Records for this task:
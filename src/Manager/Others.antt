-- ===== src/Manager/Others.antt =====
-- What the handlers and the inner loop of the manager leave of a stream (mgr.go).
use incite.Base.{
  ℕ, zero, suc, ◌-◌, ◌≤◌, ◌≡◌, refl, sym, ap, subst, ◌∙◌, inl, inr, ◌⊎◌, false, Bool-cases, Option,
  Option-cases, none, some, List, [], ◌∷◌, ◌++◌, arith, ◌==◌, ==_iff, length,
}
use incite.Clock.{Time}
use incite.Errors.{Error, reduce_parallel, restart_chunk, split_chunk, stop_chunk}
use incite.Stream.{Stream}
use incite.Chunk.{Chunk, mark_started, add_started, add_failed, stopping, stopped}
use incite.Manager.{
  Mgr, Heap, Streams, put, kill_stream, make_ready, stop_chunk_of, split_chunk_of, starting_error,
  polling_error, handle_starting_error, handle_polling_error, handle_chunk_started,
  handle_chunk_completion, handle_chunk, add_query, make_chunk, fill_ready, send_first, send_ready,
  dispatch,
}
use incite.Manager.Counts.{Step, asks, sends, starter_returns, poller_returns, stopper_returns}
use incite.Manager.Account.{count, left, own, count-remove}
use incite.Manager.Consistency.{IsConsistent}
use incite.Manager.Final.{split-away}

-- What the dispatch keeps of a stream.
pub record IsSteadyStream (s s' : Stream) : Type 0 where
  pub n0 : s'.n0 ≡ s.n0
  pub m : s'.m ≡ s.m
  pub n : s'.n ≡ s.n
  pub err : s'.err ≡ s.err

IsSteadyStream-refl : (s : Stream) → IsSteadyStream s s
IsSteadyStream-refl s = record { n0 = refl; m = refl; n = refl; err = refl }

stopped-streams :
    (now : Time) (c : Chunk) (m m' : Mgr)
    → (c.state ≡ stopping) ⊎ (c.state ≡ stopped)
    → handle_chunk now c m ≡ some m'
    → m'.streams ≡ m.streams
unfolding handle_chunk
stopped-streams now c m m' (inl e) r = ground (arith, e, r)
stopped-streams now c m m' (inr e) r = ground (arith, e, r)

module _ (k : ℕ) where
  completion-away :
      (c : Chunk) (m : Mgr)
      → (k == c.stream) ≡ false
      → (handle_chunk_completion c m).streams k ≡ m.streams k
  unfolding handle_chunk_completion kill_stream put
  completion-away c m h = ground (arith, h)

  starting_error-away :
      (now : Time) (e : Option Error) (c : Chunk) (m : Mgr)
      → (k == c.stream) ≡ false
      → (starting_error now e c m).streams k ≡ m.streams k
  unfolding make_ready kill_stream put mark_started add_started add_failed
  starting_error-away now (some reduce_parallel) c m h = refl
  starting_error-away now _ c m h = ground (arith, h)

  polling_error-away :
      (e : Option Error) (c : Chunk) (m : Mgr)
      → (k == c.stream) ≡ false
      → (polling_error e c m).streams k ≡ m.streams k
  unfolding make_ready stop_chunk_of kill_stream put add_failed
  polling_error-away (some restart_chunk) c m h = refl
  polling_error-away (some split_chunk) c m h =
      completion-away (record c { err = none }) (split_chunk_of c m) h ∙ split-away k c m h
  polling_error-away (some stop_chunk) c m h = refl
  polling_error-away _ c m h = ground (arith, h)

  handle_chunk-away :
      (now : Time) (c : Chunk) (m m' : Mgr)
      → (k == c.stream) ≡ false
      → handle_chunk now c m ≡ some m'
      → m'.streams k ≡ m.streams k
  unfolding handle_chunk handle_starting_error handle_polling_error handle_chunk_started
  handle_chunk-away now c m m' h r =
      let m1 = record m { num_starting = m.num_starting - 1 } in
      let m2 = record m { num_polling = m.num_polling - 1 } in
      ground (
        arith,
        r,
        starting_error-away now c.err c m1 h,
        polling_error-away c.err c m2 h,
        completion-away c m2 h,
      )

  -- A stream that has no chunk gets none.
  unfoldable pub Unmade : Mgr → Type 0
  Unmade m = ((m.streams k).n ≡ 0) × ((m.streams k).n0 ≡ 0)

  module _ (heap : Heap) where
    fill_ready-steady :
        (fuel : ℕ) (m : Mgr) → IsSteadyStream (m.streams k) ((fill_ready heap fuel m).streams k)
    unfolding fill_ready make_chunk make_ready put
    fill_ready-steady zero m = IsSteadyStream-refl (m.streams k)
    fill_ready-steady (suc fuel) m = elim (Option-cases (heap.pop m.streams m.pq)) [
      | inl p ↦ ground (arith, p)
      | inr ((j, rest), p) ↦
          ground (arith, p, ==_iff k j, fill_ready-steady fuel (record m { pq = rest }))
    ]

    send_first-steady :
        (cs : List Chunk) (m : Mgr)
        → IsSteadyStream (m.streams k) ((send_first heap cs m).streams k)
    send_first-steady [] m = IsSteadyStream-refl (m.streams k)
    send_first-steady (c ∷ cs) m = IsSteadyStream-refl (m.streams k)

    pub dispatch-steady :
        (fuel : ℕ) (m : Mgr) → IsSteadyStream (m.streams k) ((dispatch heap fuel m).streams k)
    unfolding dispatch send_ready
    dispatch-steady zero m = IsSteadyStream-refl (m.streams k)
    dispatch-steady (suc fuel) m =
        let m1 = fill_ready heap (length m.pq) m in
        let filled = fill_ready-steady (length m.pq) m in
        let sent = send_first-steady m1.ready m1 in
        let rest = dispatch-steady fuel (send_ready heap m) in ground (arith, filled, sent, rest)

    returned-Unmade :
        (now : Time) (before after : List Chunk) (sent c : Chunk) (m m1 m' : Mgr)
        (with_worker : List Chunk)
        → IsConsistent k m
        → Unmade m
        → count k with_worker ≤ left k m
        → with_worker ≡ before ++ sent ∷ after
        → c.stream ≡ sent.stream
        → m1.streams ≡ m.streams
        → handle_chunk now c m1 ≡ some m'
        → Unmade m'
    unfolding Unmade own
    returned-Unmade now before after sent c m m1 m' with_worker i u less e same s r =
        elim (Bool-cases (k == c.stream)) [
          | inl mine ↦ absurd (
              ground (
                arith,
                u,
                less,
                mine,
                i.accounted,
                ap (count k) e,
                count-remove k before after sent c same,
              ))
          | inr other ↦
              let kept = handle_chunk-away now c m1 m' other r ∙ ap (λ (f : Streams). f k) s in
              (ap (λ (t : Stream). t.n) kept ∙ u.0, ap (λ (t : Stream). t.n0) kept ∙ u.1)
        ]

    pub Step-Unmade : {m m' : Mgr} → Step heap m m' → IsConsistent k m → Unmade m → Unmade m'
    unfolding Unmade add_query left
    Step-Unmade {m} (asks j _ _ e) i u = subst Unmade (sym e) (unfold Unmade in u)
    Step-Unmade {m} (sends fuel e) i u =
        let kept = dispatch-steady fuel m in
        subst Unmade (sym e) (unfold Unmade in (kept.n ∙ u.0, kept.n0 ∙ u.1))
    Step-Unmade {m} {m'} (starter_returns before after sent c now e same _ r) i u =
        returned-Unmade now before after sent c m (record m { start = before ++ after }) m' m.start
          i u (unfold left in omega arith) e same refl r
    Step-Unmade {m} {m'} (poller_returns before after sent c now e same _ r) i u =
        returned-Unmade now before after sent c m (record m { poll = before ++ after }) m' m.poll i
          u (unfold left in omega arith) e same refl r
    Step-Unmade {m} {m'} (stopper_returns before after sent c now e same s r) i u =
        let kept = stopped-streams now c (record m { stop = before ++ after }) m' s r in
        subst (λ (f : Streams). ((f k).n ≡ 0) × ((f k).n0 ≡ 0)) (sym kept) u
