-- ===== src/Worker/States.antt =====
-- The states and errors of the chunks that a worker holds, and of those that it sends out
-- (worker.go).
use incite.Base.{
  ◌+◌, ◌≡◌, refl, Bool, true, false, Option, none, some, List, [], ◌∷◌, ◌++◌, arith, ◌==◌,
  Bool-cases, ◌⊎◌, inl, inr, ltb,
}
use incite.Clock.{Time}
use incite.Errors.{Error}
use incite.Chunk.{Chunk, ChunkState}
use incite.Regulator.{Regulator, WaitResult}
use incite.Worker.{
  Outcome, nothing, finished, inconclusive, Worker, Input, push, Received, blocked, empty,
  receive_from, take_first, adapt, after_receive, Popped, waits, closing, popped, pop, settle,
  panics, after_pop, Round, waiting, returned, panicked, goes_on, stops, round_of,
}

-- A test of the state and the error of a chunk.
abbrev pub Test : Type 0
Test = ChunkState → Option Error → Bool

-- All chunks of a list pass a test.
abbrev pub AllIn : Test → List Chunk → Type 0
AllIn p [] = Unit {0}
AllIn p (c ∷ cs) = (p c.state c.err ≡ true) × AllIn p cs

abbrev pub OutIn : Test → Option Chunk → Type 0
OutIn q none = Unit {0}
OutIn q (some c) = q c.state c.err ≡ true

pub AllIn-append : (p : Test) (xs ys : List Chunk) → AllIn p xs → AllIn p ys → AllIn p (xs ++ ys)
AllIn-append p [] ys h k = k
AllIn-append p (x ∷ xs) ys h k = (h.0, AllIn-append p xs ys h.1 k)

-- What the loop sends out at once passes the second test, and what it may keep the first.
abbrev pub is_done : Outcome → Bool
is_done nothing = true
is_done finished = true
is_done o = false

abbrev pub Manipulates : (p q : Test) → (Chunk → Chunk × Outcome) → Type 0
Manipulates p q manipulate =
    (c : Chunk)
    → p c.state c.err ≡ true
    → (q (manipulate c).0.state (manipulate c).0.err ≡ true)
      × ((is_done (manipulate c).1 ≡ true) ⊎ (p (manipulate c).0.state (manipulate c).0.err ≡ true))

module _ (p q : Test) where
  Popping : Popped → Type 0
  Popping waits = Unit {0}
  Popping closing = Unit {0}
  Popping (popped c w i) = (p c.state c.err ≡ true) × AllIn p w.chunks × AllIn p i.queue

  take_first-Popping :
      (cs : List Chunk) (w : Worker) (i : Input)
      → AllIn p cs
      → AllIn p i.queue
      → Popping (take_first cs w i)
  unfolding Popping
  take_first-Popping [] w i h k = tt
  take_first-Popping (c ∷ cs) w i h k = (h.0, h.1, k)

  received-Popping :
      (queue : List Chunk) (shut : Bool) (w : Worker) (otherwise : Received)
      → (otherwise ≡ blocked) ⊎ (otherwise ≡ empty)
      → AllIn p w.chunks
      → AllIn p queue
      → Popping (
          after_receive
            (receive_from queue shut otherwise)
            w
            (record { queue = queue; is_closed = shut }))
  unfolding after_receive Popping push
  received-Popping [] true w otherwise e h k = tt
  received-Popping [] false w otherwise (inl e) h k = rw e tt
  received-Popping [] false w otherwise (inr e) h k =
      rw e (take_first-Popping w.chunks w (record { queue = []; is_closed = false }) h k)
  received-Popping (c ∷ cs) shut w otherwise e h k =
      let fresh = record c { try = 0; tmp = 0 } in
      take_first-Popping (w.chunks ++ fresh ∷ []) (push w fresh)
        (record { queue = cs; is_closed = shut }) (AllIn-append p w.chunks (fresh ∷ []) h (k.0, tt))
        k.1

  pop-Popping : (w : Worker) (i : Input) → AllIn p w.chunks → AllIn p i.queue → Popping (pop w i)
  unfolding pop
  pop-Popping w i h k = elim (Bool-cases (w.num_chunks == 0)) [
    | inl e ↦ rw e (received-Popping i.queue i.is_closed w blocked (inl refl) h k)
    | inr e ↦ rw e (received-Popping i.queue i.is_closed w empty (inr refl) h k)
  ]

  Settles : Worker × Option Chunk → Type 0
  Settles (w, out) = AllIn p w.chunks × OutIn q out

  settle-Settles :
      (w : Worker) (c : Chunk) (o : Outcome)
      → AllIn p w.chunks
      → q c.state c.err ≡ true
      → (is_done o ≡ true) ⊎ (p c.state c.err ≡ true)
      → Settles (settle w c o)
  unfolding settle Settles push
  settle-Settles w c nothing h k e = (h, k)
  settle-Settles w c finished h k e = (h, k)
  settle-Settles w c o h k (inl e) = cc
  settle-Settles w c inconclusive h k (inr e) = (AllIn-append p w.chunks (c ∷ []) h (e, tt), tt)
  settle-Settles w c o h k (inr e) =
      let c' = record c { tmp = c.tmp + 1 } in
      elim (Bool-cases (ltb c'.tmp w.max_temporary_error)) [
        | inl less ↦ rw less (AllIn-append p w.chunks (c' ∷ []) h (e, tt), tt)
        | inr more ↦ rw more (h, k)
      ]

  -- What a round of the loop leaves.
  abbrev pub RoundIn : Round → Type 0
  RoundIn waiting = Unit {0}
  RoundIn returned = Unit {0}
  RoundIn panicked = Unit {0}
  RoundIn (goes_on w i out) = AllIn p w.chunks × AllIn p i.queue × OutIn q out
  RoundIn (stops w i) = AllIn p w.chunks × AllIn p i.queue

  after_pop-RoundIn :
      (wait_for : Chunk → Regulator → Regulator × WaitResult) (manipulate : Chunk → Chunk × Outcome)
      (now : Time)
      → Manipulates p q manipulate
      → (popped : Popped) → Popping popped
      → RoundIn (after_pop wait_for manipulate now popped)
  unfolding after_pop Popping push Settles panics
  after_pop-RoundIn wait_for manipulate now good waits h = tt
  after_pop-RoundIn wait_for manipulate now good closing h = tt
  after_pop-RoundIn wait_for manipulate now good (popped c w i) h =
      let (c', o) = manipulate c in
      let r : Regulator = (wait_for c w.regulator).0 in
      let next : Worker = record w { regulator = adapt now o r } in
      let good_c = good c h.0 in
      ground (
        arith,
        h,
        AllIn-append p w.chunks (c ∷ []) h.1 (h.0, tt),
        settle-Settles next c' o h.1 good_c.0 good_c.1,
      )

  -- The loop holds chunks that pass the first test, and sends out ones that pass the second.
  pub round_of-RoundIn :
      (wait_for : Chunk → Regulator → Regulator × WaitResult) (manipulate : Chunk → Chunk × Outcome)
      (now : Time) (w : Worker) (i : Input)
      → Manipulates p q manipulate
      → AllIn p w.chunks
      → AllIn p i.queue
      → RoundIn (round_of wait_for manipulate now w i)
  unfolding round_of
  round_of-RoundIn wait_for manipulate now w i good h k =
      after_pop-RoundIn wait_for manipulate now good (pop w i) (pop-Popping w i h k)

Task to complete:
For this exercise, please copy exactly the lines of the material above from its first line through the line where "(handle_chunk_completion c m).streams k ≡ m.streams k" appears.

Response:
filename src/Manager/Others.antt
-- ===== src/Manager/Others.antt =====
-- What the handlers and the inner loop of the manager leave of a stream (mgr.go).
use incite.Base.{
  ℕ, zero, suc, ◌-◌, ◌≤◌, ◌≡◌, refl, sym, ap, subst, ◌∙◌, inl, inr, ◌⊎◌, false, Bool-cases, Option,
  Option-cases, none, some, List, [], ◌∷◌, ◌++◌, arith, ◌==◌, ==_iff, length,
}
use incite.Clock.{Time}
use incite.Errors.{Error, reduce_parallel, restart_chunk, split_chunk, stop_chunk}
use incite.Stream.{Stream}
use incite.Chunk.{Chunk, mark_started, add_started, add_failed, stopping, stopped}
use incite.Manager.{
  Mgr, Heap, Streams, put, kill_stream, make_ready, stop_chunk_of, split_chunk_of, starting_error,
  polling_error, handle_starting_error, handle_polling_error, handle_chunk_started,
  handle_chunk_completion, handle_chunk, add_query, make_chunk, fill_ready, send_first, send_ready,
  dispatch,
}
use incite.Manager.Counts.{Step, asks, sends, starter_returns, poller_returns, stopper_returns}
use incite.Manager.Account.{count, left, own, count-remove}
use incite.Manager.Consistency.{IsConsistent}
use incite.Manager.Final.{split-away}

-- What the dispatch keeps of a stream.
pub record IsSteadyStream (s s' : Stream) : Type 0 where
  pub n0 : s'.n0 ≡ s.n0
  pub m : s'.m ≡ s.m
  pub n : s'.n ≡ s.n
  pub err : s'.err ≡ s.err

IsSteadyStream-refl : (s : Stream) → IsSteadyStream s s
IsSteadyStream-refl s = record { n0 = refl; m = refl; n = refl; err = refl }

stopped-streams :
    (now : Time) (c : Chunk) (m m' : Mgr)
    → (c.state ≡ stopping) ⊎ (c.state ≡ stopped)
    → handle_chunk now c m ≡ some m'
    → m'.streams ≡ m.streams
unfolding handle_chunk
stopped-streams now c m m' (inl e) r = ground (arith, e, r)
stopped-streams now c m m' (inr e) r = ground (arith, e, r)

module _ (k : ℕ) where
  completion-away :
      (c : Chunk) (m : Mgr)
      → (k == c.stream) ≡ false
      → (handle_chunk_completion c m).streams k ≡ m.streams k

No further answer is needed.